These hashed IDs are shown in the consent manager, individual responses, all responses, and email participant views, and may be called simply IDs.

Technical details: The hashed IDs are created by combining the global ID, your study UUID, and a random “salt” associated with your study, running that through a SHA256 hash algorithm, and converting the first 30 bits to a base-32 string representation. Based on “birthday paradox” calculations, we would expect about a 0.1% chance of collisions with 1500 records. A salt is used in addition to the study UUID because the study UUID is easily publicly accessible (e.g. in your study URL) to make it harder to use lookup tables. This procedure would make it quite hard to match IDs across studies. It is meant as a strong deterrent but, given the consequences and the existence of other unavoidable methods for linking responses across studies (e.g., looking at video), it is not a level of security that would be appropriate for, say, hashing passwords.
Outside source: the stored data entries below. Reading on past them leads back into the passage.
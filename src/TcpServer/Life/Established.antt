-- ===== src/TcpServer/Life/Established.antt =====
-- `connectEstablished` and `connectDestroyed` of mtnet/TcpConnection.cc at their turn in the life of a
-- connection, and the calls in between.
use mtnet.Prelude.{
  ◌≡◌, ◌⊎◌, refl, sym, ap, ◌∙◌, [], ◌∷◌, ◌++◌, Bool, true, false, not, ◌&&◌, ◌||◌, ◌==◌, ok, arith,
  inl, inr,
}
use mtnet.Channel.{change, enable_reading, disable_all}
use mtnet.TcpConnection.Defs.{
  TcpConnection, State, connecting, connected, disconnecting, disconnected, connection_callback,
  close_callback, remove_channel, is_connected, is_disconnecting, is_connecting, emit, want, init,
  connect_established, connect_destroyed,
}
use mtnet.TcpServer.Life.Defs.{Polled, updated}
use mtnet.TcpServer.Life.Effects.{stage, life-append, IsSame, IsClosing}
use mtnet.TcpServer.Life.Phases.{
  Phase, unused, accepted, live, closed, removed, gone, is_used, to_establish, to_remove,
  to_destroy, stage_of, PollFits, InPhase,
}

stage-connecting : (s : State) → stage s ≡ 0 → is_connecting s ≡ true
stage-connecting connecting h = refl
stage-connecting connected h = absurd (omega (arith, h))
stage-connecting disconnecting h = absurd (omega (arith, h))
stage-connecting disconnected h = absurd (omega (arith, h))

pub stage-is_open : (s : State) → stage s ≡ 1 → (is_connected s || is_disconnecting s) ≡ true
stage-is_open connected h = refl
stage-is_open disconnecting h = refl
stage-is_open connecting h = absurd (omega (arith, h))
stage-is_open disconnected h = absurd (omega (arith, h))

pub init-accepted :
    (has_write_complete : Bool)
    → InPhase accepted (record { tcp = init has_write_complete; polled = false })
unfolding init
init-accepted has_write_complete = record { stage_fits = refl; life_fits = refl; poll_fits = refl }

pub connect_established-live :
    (c : Polled)
    → InPhase accepted c
    → (d : TcpConnection) × (connect_established c.tcp ≡ ok d)
      × InPhase live (record { tcp = d; polled = true })
unfolding connect_established
connect_established-live c p =
    let up : is_connecting c.tcp.state ≡ true = stage-connecting c.tcp.state p.stage_fits in
    (
      emit connection_callback (want enable_reading (record c.tcp { state = connected })),
      rw up refl,
      record {
        stage_fits = refl;
        life_fits =
            life-append c.tcp.effects (connection_callback ∷ [])
            ∙ ap (λ l. l ++ connection_callback ∷ []) p.life_fits;
        poll_fits = tt;
      },
    )

pub connect_destroyed-gone :
    (c : Polled)
    → InPhase removed c
    → (d : TcpConnection) × (connect_destroyed c.tcp ≡ ok d)
      × InPhase gone (record { tcp = d; polled = false })
unfolding connect_destroyed change
connect_destroyed-gone c p =
    let up : (is_connected c.tcp.state || is_disconnecting c.tcp.state) ≡ true =
      stage-is_open c.tcp.state p.stage_fits in
    (
      emit remove_channel
          (emit connection_callback (want disable_all (record c.tcp { state = disconnected }))),
      rw up refl,
      record {
        stage_fits = refl;
        life_fits =
            life-append (c.tcp.effects ++ connection_callback ∷ []) (remove_channel ∷ [])
            ∙ ap (λ l. l ++ remove_channel ∷ [])
                (life-append c.tcp.effects (connection_callback ∷ [])
                  ∙ ap (λ l. l ++ connection_callback ∷ []) p.life_fits);
        poll_fits = refl;
      },
    )

pub IsSame-InPhase :
    (p : Phase) (c : Polled) (d : TcpConnection)
    → IsSame c.tcp d
    → InPhase p c
    → InPhase p (updated c d)
IsSame-InPhase p c d s i = record {
  stage_fits = s.stage_same ∙ i.stage_fits;
  life_fits = s.life_same ∙ i.life_fits;
  poll_fits = unseen p i.poll_fits;
}
  where
    and_false : c.polled ≡ false → (c.polled && not (d.events == 0)) ≡ false
    and_false h = rw h refl

    unseen : (q : Phase) → PollFits q c.polled → PollFits q (updated c d).polled
    unseen unused w = and_false w
    unseen accepted w = and_false w
    unseen live w = tt
    unseen closed w = and_false w
    unseen removed w = and_false w
    unseen gone w = and_false w

-- poll(2) looks at a live connection only.
pub polled-live : (p : Phase) (c : Polled) → InPhase p c → c.polled ≡ true → p ≡ live
polled-live p c i h = go p i.poll_fits
  where
    no : c.polled ≡ false → ⊥
    no w = let e : true ≡ false = sym h ∙ w in cc

    go : (q : Phase) → PollFits q c.polled → q ≡ live
    go unused w = absurd (no w)
    go accepted w = absurd (no w)
    go live w = refl
    go closed w = absurd (no w)
    go removed w = absurd (no w)
    go gone w = absurd (no w)

pub IsClosing-closed :
    (c : Polled) (d : TcpConnection)
    → IsClosing c.tcp d
    → InPhase live c
    → InPhase closed (updated c d)
IsClosing-closed c d k i = record {
  stage_fits = k.stays;
  life_fits = k.life_closed ∙ ap (λ l. l ++ close_callback ∷ []) i.life_fits;
  poll_fits = none_wanted c.polled (ap (λ n. not (n == 0)) k.wants_none);
}
  where
    none_wanted : (b : Bool) → not (d.events == 0) ≡ false → (b && not (d.events == 0)) ≡ false
    none_wanted true h = h
    none_wanted false h = refl

pub stage-disconnected : (s : State) → stage s ≡ 2 → s ≡ disconnected
stage-disconnected disconnected h = refl
stage-disconnected connecting h = absurd (omega (arith, h))
stage-disconnected connected h = absurd (omega (arith, h))
stage-disconnected disconnecting h = absurd (omega (arith, h))

-- A connection that poll(2) looks at is up.
pub InPhase-is_open :
    (p : Phase) (c : Polled)
    → InPhase p c
    → c.polled ≡ true
    → (is_connected c.tcp.state || is_disconnecting c.tcp.state) ≡ true
InPhase-is_open p c i looks =
    stage-is_open c.tcp.state (i.stage_fits ∙ ap stage_of (polled-live p c i looks))

-- A phase that waits for nothing.
pub Phase-settled :
    (p : Phase)
    → is_used p ≡ true
    → to_establish p ≡ 0
    → to_remove p ≡ 0
    → to_destroy p ≡ 0
    → (p ≡ live) ⊎ (p ≡ gone)
Phase-settled unused u e r d = cc
Phase-settled accepted u e r d = absurd (omega (arith, e))
Phase-settled live u e r d = inl refl
Phase-settled closed u e r d = absurd (omega (arith, r))
Phase-settled removed u e r d = absurd (omega (arith, d))
Phase-settled gone u e r d = inr refl
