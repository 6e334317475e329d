-- ===== src/TcpServer/Life/Accepting.antt =====
-- `newConnection` of mtnet/TcpServer.cc begins the life of a connection.
use mtnet.Prelude.{
  ℕ, ◌≡◌, ◌≢◌, refl, sym, ap, ◌∙◌, subst, List, [], ◌∷◌, ◌++◌, Bool, false, ◌==◌, Option, none,
  some, none-ne-some, ok, Bool-cases, inl, inr, arith,
}
use mtnet.Prelude.Maps.{update, update_self, update_ne}
use mtnet.Prelude.Bags.{bit, count}
use mtnet.TcpConnection.Defs.{TcpConnection}
use mtnet.TcpConnection.Defs as Connected
use mtnet.TcpServer.Defs.{TcpServer, Connection, connect_established, update_name, eqb_name}
use mtnet.TcpServer.Names.{eqb_name_iff, update_name_self, update_name_ne}
use mtnet.TcpServer.Connections.{IsInjective, new_connection_lem}
use mtnet.TcpServer.Life.Defs.{World, Polled, accept}
use mtnet.TcpServer.Life.Phases.{
  Phase, unused, accepted, is_known, is_establish, is_destroy, InPhase, Fits, IsSound, Advance,
  Next-from, accepts, update-all, ==-self, ==-ne, count_last,
}
use mtnet.TcpServer.Life.Apart.{IsApart, IsApart-Fits, unused-of, last-apart}
use mtnet.TcpServer.Life.Established.{init-accepted}

abbrev made : Bool → Polled
made hw = record { tcp = Connected.init hw; polled = false }

module _ (format : ℕ → List ℕ) where
  pub accept-IsSound :
      IsInjective format
      → (hw : Bool) (address sockfd : ℕ) (w : World) (phase : ℕ → Phase) → IsSound format w phase
      → w.server.connection_at address ≡ none
      → (v : World) × (accept format hw address sockfd w ≡ ok v)
        × IsSound format v (update phase address accepted)
        × Advance phase (update phase address accepted)
  unfolding accept
  accept-IsSound injective hw address sockfd w phase sound free =
      let (c, t, done, valid, fresh, map, heap, asked) =
        new_connection_lem format injective w.server address sockfd sound.valid free in
      let v : World = record w { server = t; connection = update w.connection address (made hw) } in
      (
        v,
        rw done refl,
        record {
          valid = valid;
          fits =
              update-all (λ b q. Fits v.server (v.connection b) v.removals b q) phase address
                accepted (here c t map heap asked fresh)
                (λ b n.
                  IsApart-Fits w.server t (w.connection b) (v.connection b) w.removals w.removals b
                    (phase b) (apart c t map heap asked fresh b n) (sound.fits b));
        },
        Next-from address phase unused accepted is_unused accepts,
      )
    where
      is_unused : phase address ≡ unused
      is_unused = unused-of (phase address) (sym (sound.fits address).known ∙ ap is_known free)

      old : Fits w.server (w.connection address) w.removals address unused
      old =
          subst (λ p. Fits w.server (w.connection address) w.removals address p) is_unused
            (sound.fits address)

      here :
          (c : Connection) (t : TcpServer)
          → t.connections ≡ update_name w.server.connections c.name (some address)
          → t.connection_at ≡ update w.server.connection_at address (some c)
          → t.requests ≡ w.server.requests ++ connect_established c.loop address ∷ []
          → w.server.connections c.name ≡ none
          → Fits t (update w.connection address (made hw) address) w.removals address accepted
      here c t map heap asked fresh =
          let r = connect_established c.loop address in
          let e = count_last (is_establish address) w.server.requests r in
          let z : bit (address == address) ≡ 1 = ap bit (==-self address) in
          let zero = old.establishes in
          let at : t.connection_at address ≡ some c =
            ap (λ (f : ℕ → Option Connection). f address) heap
            ∙ update_self w.server.connection_at address (some c) in
          record {
            establishes = ap (count (is_establish address)) asked ∙ omega (arith, e, z, zero);
            destroys =
                last-apart (is_destroy address) w.server.requests t.requests r asked refl
                ∙ old.destroys;
            removes = old.removes;
            known = ap is_known at;
            listed = λ h. (
              c,
              at,
              ap (λ (f : List ℕ → Option ℕ). f c.name) map
                  ∙ update_name_self w.server.connections c.name (some address),
            );
            in_phase =
                subst (λ x. InPhase accepted x) (sym (update_self w.connection address (made hw)))
                  (init-accepted hw);
          }

      apart :
          (c : Connection) (t : TcpServer)
          → t.connections ≡ update_name w.server.connections c.name (some address)
          → t.connection_at ≡ update w.server.connection_at address (some c)
          → t.requests ≡ w.server.requests ++ connect_established c.loop address ∷ []
          → w.server.connections c.name ≡ none
          → (b : ℕ) → b ≢ address
          → IsApart w.server t
              (w.connection b)
              (update w.connection address (made hw) b)
              w.removals
              w.removals
              b
      apart c t map heap asked fresh b n =
          let r = connect_established c.loop address in
          record {
            establishes =
                last-apart (is_establish b) w.server.requests t.requests r asked
                  (==-ne address b (λ e. n (sym e)));
            destroys = last-apart (is_destroy b) w.server.requests t.requests r asked refl;
            removes = refl;
            known =
                ap (λ (f : ℕ → Option Connection). f b) heap
                ∙ update_ne w.server.connection_at address (some c) b n;
            listed = λ m reg.
                ap (λ (f : List ℕ → Option ℕ). f m) map
                ∙ update_name_ne w.server.connections c.name (some address) m (other m reg)
                ∙ reg;
            connection = update_ne w.connection address (made hw) b n;
          }
        where
          other : (m : List ℕ) → w.server.connections m ≡ some b → eqb_name m c.name ≡ false
          other m reg = elim (Bool-cases (eqb_name m c.name)) [
            | inl e ↦ absurd (
                none-ne-some fresh
                  (ap w.server.connections (sym ((eqb_name_iff m c.name).0 e)) ∙ reg))
            | inr e ↦ e
          ]
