-- ===== src/TcpServer/Life/Requests.antt =====
-- The loops of mtnet/TcpServer.cc's connections run what the server handed to them.
use mtnet.Prelude.{ℕ, ◌+◌, ◌≡◌, ◌≢◌, refl, sym, ap, ◌∙◌, subst, List, true, false, ◌==◌, some, ok}
use mtnet.Prelude.Maps.{update, update_self, update_ne}
use mtnet.Prelude.Bags.{bit, count, take_at, count-take_at}
use mtnet.TcpServer.Defs.{Request, connect_established, connect_destroyed}
use mtnet.TcpServer.Life.Defs.{World, Polled, run_request, without_request}
use mtnet.TcpServer.Life.Phases.{
  Phase, accepted, live, removed, gone, is_establish, is_destroy, Fits, IsSound, Advance, Next-from,
  establishes, destroys, update-all, ==-self, ==-ne,
}
use mtnet.TcpServer.Life.Apart.{IsApart-Fits, accepted-of, removed-of, request-apart}
use mtnet.TcpServer.Life.Established.{connect_established-live, connect_destroyed-gone}

module _ (format : ℕ → List ℕ) (i : ℕ) (rest : List Request) (w : World) (phase : ℕ → Phase)
    (sound : IsSound format w phase) where
  -- A request for `a` has run, and made `d` of its connection.
  abbrev ran : ℕ → Polled → World
  ran a d = record (without_request rest w) { connection = update w.connection a d }

  -- The other connections do not see it.
  ran-IsSound :
      (r : Request) (a : ℕ) (d : Polled) (p : Phase)
      → take_at i w.server.requests ≡ some (r, rest)
      → ((b : ℕ) → b ≢ a → (is_establish b r ≡ false) × (is_destroy b r ≡ false))
      → Fits (without_request rest w).server d w.removals a p
      → IsSound format (ran a d) (update phase a p)
  ran-IsSound r a d p h others here = record {
    valid = record { ready = sound.valid.ready; registered = sound.valid.registered };
    fits =
        update-all (λ b q. Fits (ran a d).server ((ran a d).connection b) w.removals b q) phase a p
          (subst (λ x. Fits (ran a d).server x w.removals a p) (sym (update_self w.connection a d))
            here)
          (λ b n.
            IsApart-Fits w.server (ran a d).server (w.connection b) ((ran a d).connection b)
              w.removals w.removals b (phase b)
              (record {
                establishes =
                    request-apart (is_establish b) i w.server.requests r rest h (others b n).0;
                destroys = request-apart (is_destroy b) i w.server.requests r rest h (others b n).1;
                removes = refl;
                known = refl;
                listed = λ m reg. reg;
                connection = update_ne w.connection a d b n;
              })
              (sound.fits b));
  }

  -- Its own address in the phase that it must be in.
  Fits-of : (a : ℕ) (p : Phase) → phase a ≡ p → Fits w.server (w.connection a) w.removals a p
  Fits-of a p e = subst (λ q. Fits w.server (w.connection a) w.removals a q) e (sound.fits a)

  pub run_request-IsSound :
      (r : Request)
      → take_at i w.server.requests ≡ some (r, rest)
      → (v : World) × (run_request r (without_request rest w) ≡ ok v)
        × (q : ℕ → Phase) × IsSound format v q
        × Advance phase q
  unfolding run_request
  run_request-IsSound (connect_established l a) h =
      let r = connect_established l a in
      let taken = count-take_at (is_establish a) i w.server.requests r rest h in
      let one : bit (a == a) ≡ 1 = ap bit (==-self a) in
      let left = count (is_establish a) rest in
      let (is_accepted, none_left) =
        accepted-of (phase a) left
          (sym (sound.fits a).establishes ∙ taken ∙ ap (λ n. n + left) one) in
      let f = Fits-of a accepted is_accepted in
      let (d, done, alive) = connect_established-live (w.connection a) f.in_phase in
      (
        ran a (record { tcp = d; polled = true }),
        rw done refl,
        update phase a live,
        ran-IsSound r a (record { tcp = d; polled = true }) live h
            (λ b n. (==-ne a b (λ e. n (sym e)), refl))
            (record {
              establishes = none_left;
              destroys =
                  request-apart (is_destroy a) i w.server.requests r rest h refl ∙ f.destroys;
              removes = f.removes;
              known = f.known;
              listed = f.listed;
              in_phase = alive;
            }),
        Next-from a phase accepted live is_accepted establishes,
      )
  run_request-IsSound (connect_destroyed l a) h =
      let r = connect_destroyed l a in
      let taken = count-take_at (is_destroy a) i w.server.requests r rest h in
      let one : bit (a == a) ≡ 1 = ap bit (==-self a) in
      let left = count (is_destroy a) rest in
      let (is_removed, none_left) =
        removed-of (phase a) left (sym (sound.fits a).destroys ∙ taken ∙ ap (λ n. n + left) one) in
      let f = Fits-of a removed is_removed in
      let (d, done, dead) = connect_destroyed-gone (w.connection a) f.in_phase in
      (
        ran a (record { tcp = d; polled = false }),
        rw done refl,
        update phase a gone,
        ran-IsSound r a (record { tcp = d; polled = false }) gone h
            (λ b n. (refl, ==-ne a b (λ e. n (sym e))))
            (record {
              establishes =
                  request-apart (is_establish a) i w.server.requests r rest h refl ∙ f.establishes;
              destroys = none_left;
              removes = f.removes;
              known = f.known;
              listed = λ e. absurd (false-true e);
              in_phase = dead;
            }),
        Next-from a phase removed gone is_removed destroys,
      )
    where
      false-true : false ≡ true → ⊥
      false-true e = cc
Viewing all study responses¶

To view all of the responses to a study with confirmed consent, click ‘View Responses’ from the study detail page and then click ‘All Responses.’ You must have permission to view this study’s responses, which means you must have a Study admin, researcher, or analysis role. (If you can view preview responses, you will be able to access this same page, but only preview data will be included.)

Responses only show up in this view once you have confirmed that the participant provided informed consent to participate using the Consent Manager.

Preview data is included in all responses!

Previewing a study is designed to work exactly the same way as participating, including saving data that you can see with other responses. This is intended to support researchers in preparing data analysis workflows and ensuring that data are formatted as expected before starting data collection. But you’ll need to either (a) filter out responses where is_preview is True, or (b) use the “Delete all preview data” button to remove preview responses prior to data download.

Choosing what participant information to include¶

To limit the potential for accidental disclosure of identifying information about your participants, it is best to limit what you even download to what you actually need. The checkboxes at the top allow you to decide what potentially-identifying information to include in the response data files. This also aids in developing a straightforward workflow for publishing your raw data, since you will need to avoid publishing names, birthdates (or information that can be used to calculate a birthdate), and global IDs.

What can and can’t I publish?

The main items you need to avoid publishing are global IDs, birthdates, names, and demographic survey responses if they can be linked to video also published. For convenience, we note specific fields that must be redacted for publication in the CSV data dictionaries. However, if any of this is unfamiliar, please review the Lookit Terms and Conditions!

On the left are options for downloading information about the age of the participant. You can choose to download actual birthdates, exact ages in days, and/or a rounded age. The rounded age is rounded to the nearest 10 days for children under 365 days and to the nearest 30 days after that.

On the right are options for other participant data to download - name, gender, etc. Again, it’s best to only download what you actually need! You can also choose to download a separate child data file so that your response data has only the child ID in it.

The response overview data dictionary has detailed explanations of each of these optional fields.

Data download formats¶

There are several formats available to download your data:

The raw data is available in JSON format; this is a structured, human-readable text format where you will be able to see how data is nested (e.g., a form response within a form within a frame). However, it may require more processing to use in your data analysis workflow (for instance to load it into R).

For convenience, several options are provided for downloading data in CSV (comma separated value) format. CSV data can be easily examined in your spreadsheet editor of choice (like Excel) and loaded into programs like R for analysis.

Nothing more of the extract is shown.